ABOUT THIS EXERCISE :: Of all the lines below, return only those starting with the line holding "(e : Expr) (scope : List Name)" and going on through the line holding "Compiles-scoped (binary op", exactly as written.

ENTRIES SUPPLIED ::
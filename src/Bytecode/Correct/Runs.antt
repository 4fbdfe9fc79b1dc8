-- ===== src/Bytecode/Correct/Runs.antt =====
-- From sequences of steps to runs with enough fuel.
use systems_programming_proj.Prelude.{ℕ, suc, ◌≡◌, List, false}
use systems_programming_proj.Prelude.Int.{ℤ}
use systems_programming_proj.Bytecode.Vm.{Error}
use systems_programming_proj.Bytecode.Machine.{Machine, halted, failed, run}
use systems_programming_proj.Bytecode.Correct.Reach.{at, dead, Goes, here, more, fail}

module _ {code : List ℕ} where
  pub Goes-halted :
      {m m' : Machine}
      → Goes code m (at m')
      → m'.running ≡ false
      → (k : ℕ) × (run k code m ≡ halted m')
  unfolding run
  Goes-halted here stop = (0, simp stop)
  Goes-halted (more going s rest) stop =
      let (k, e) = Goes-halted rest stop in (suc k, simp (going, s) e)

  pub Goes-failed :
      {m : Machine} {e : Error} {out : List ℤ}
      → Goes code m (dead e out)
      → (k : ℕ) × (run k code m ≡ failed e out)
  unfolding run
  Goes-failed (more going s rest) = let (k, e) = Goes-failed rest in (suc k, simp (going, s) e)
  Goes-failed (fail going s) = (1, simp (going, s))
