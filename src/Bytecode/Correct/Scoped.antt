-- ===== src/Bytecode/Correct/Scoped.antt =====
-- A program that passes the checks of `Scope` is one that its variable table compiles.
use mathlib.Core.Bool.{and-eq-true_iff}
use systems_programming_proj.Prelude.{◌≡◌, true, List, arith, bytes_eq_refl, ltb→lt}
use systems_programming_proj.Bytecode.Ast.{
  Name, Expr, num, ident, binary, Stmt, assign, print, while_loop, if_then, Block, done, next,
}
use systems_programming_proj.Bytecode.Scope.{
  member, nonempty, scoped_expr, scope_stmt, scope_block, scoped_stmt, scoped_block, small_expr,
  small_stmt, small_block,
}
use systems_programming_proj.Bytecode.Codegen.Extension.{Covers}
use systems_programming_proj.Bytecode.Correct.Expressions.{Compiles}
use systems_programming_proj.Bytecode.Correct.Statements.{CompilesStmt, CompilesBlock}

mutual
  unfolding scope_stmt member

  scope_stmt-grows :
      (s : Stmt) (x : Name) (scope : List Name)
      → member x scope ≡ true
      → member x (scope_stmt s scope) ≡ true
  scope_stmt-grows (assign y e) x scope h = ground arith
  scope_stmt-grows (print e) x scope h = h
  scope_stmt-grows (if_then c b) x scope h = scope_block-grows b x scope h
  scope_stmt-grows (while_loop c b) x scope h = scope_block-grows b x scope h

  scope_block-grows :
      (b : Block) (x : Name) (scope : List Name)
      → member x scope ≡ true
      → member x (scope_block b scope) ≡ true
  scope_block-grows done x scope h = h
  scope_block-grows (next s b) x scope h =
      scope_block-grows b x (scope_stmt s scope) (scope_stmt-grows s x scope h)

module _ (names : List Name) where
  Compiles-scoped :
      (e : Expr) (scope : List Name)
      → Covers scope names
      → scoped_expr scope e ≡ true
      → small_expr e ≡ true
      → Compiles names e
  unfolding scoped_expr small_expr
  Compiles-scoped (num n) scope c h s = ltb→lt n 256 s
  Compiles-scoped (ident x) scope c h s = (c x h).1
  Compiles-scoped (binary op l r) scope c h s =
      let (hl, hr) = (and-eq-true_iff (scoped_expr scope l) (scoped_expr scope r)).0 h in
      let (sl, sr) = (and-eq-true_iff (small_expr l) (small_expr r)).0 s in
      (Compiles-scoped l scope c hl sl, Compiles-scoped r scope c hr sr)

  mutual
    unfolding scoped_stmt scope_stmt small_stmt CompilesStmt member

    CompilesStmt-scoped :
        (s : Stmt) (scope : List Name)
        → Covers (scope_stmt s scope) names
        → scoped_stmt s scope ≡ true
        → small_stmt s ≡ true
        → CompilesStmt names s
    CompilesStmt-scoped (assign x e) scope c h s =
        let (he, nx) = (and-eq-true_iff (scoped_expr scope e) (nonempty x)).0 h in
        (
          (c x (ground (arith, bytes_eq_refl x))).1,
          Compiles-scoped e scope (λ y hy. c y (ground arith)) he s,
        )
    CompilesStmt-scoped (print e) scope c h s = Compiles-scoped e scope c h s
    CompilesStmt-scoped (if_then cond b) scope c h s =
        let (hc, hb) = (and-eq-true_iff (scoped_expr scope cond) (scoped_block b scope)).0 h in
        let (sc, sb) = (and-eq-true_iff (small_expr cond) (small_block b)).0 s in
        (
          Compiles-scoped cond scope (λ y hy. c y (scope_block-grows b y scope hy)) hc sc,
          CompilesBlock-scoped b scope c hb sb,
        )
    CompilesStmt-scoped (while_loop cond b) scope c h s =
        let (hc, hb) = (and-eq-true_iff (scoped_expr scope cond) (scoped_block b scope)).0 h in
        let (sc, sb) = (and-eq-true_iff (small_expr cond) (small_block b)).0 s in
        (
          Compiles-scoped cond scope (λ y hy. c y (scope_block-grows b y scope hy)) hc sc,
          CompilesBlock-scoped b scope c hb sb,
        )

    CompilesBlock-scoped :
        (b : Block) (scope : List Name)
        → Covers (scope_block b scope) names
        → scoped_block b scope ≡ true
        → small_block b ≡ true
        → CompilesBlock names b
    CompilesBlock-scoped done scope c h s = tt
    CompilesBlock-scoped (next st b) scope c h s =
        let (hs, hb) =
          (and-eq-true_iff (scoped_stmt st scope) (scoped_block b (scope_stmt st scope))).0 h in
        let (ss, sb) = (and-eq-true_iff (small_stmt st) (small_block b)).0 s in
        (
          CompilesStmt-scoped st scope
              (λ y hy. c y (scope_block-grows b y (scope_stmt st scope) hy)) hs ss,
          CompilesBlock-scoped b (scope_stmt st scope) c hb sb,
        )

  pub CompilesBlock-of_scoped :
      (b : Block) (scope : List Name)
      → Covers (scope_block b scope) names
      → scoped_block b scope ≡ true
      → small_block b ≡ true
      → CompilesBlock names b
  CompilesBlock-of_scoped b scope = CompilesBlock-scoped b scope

PROBLEM SOLUTION ::
      (e : Expr) (scope : List Name)
      → Covers scope names
      → scoped_expr scope e ≡ true
      → small_expr e ≡ true
      → Compiles names e
  unfolding scoped_expr small_expr
  Compiles-scoped (num n) scope c h s = ltb→lt n 256 s
  Compiles-scoped (ident x) scope c h s = (c x h).1
  Compiles-scoped (binary op l r) scope c h s =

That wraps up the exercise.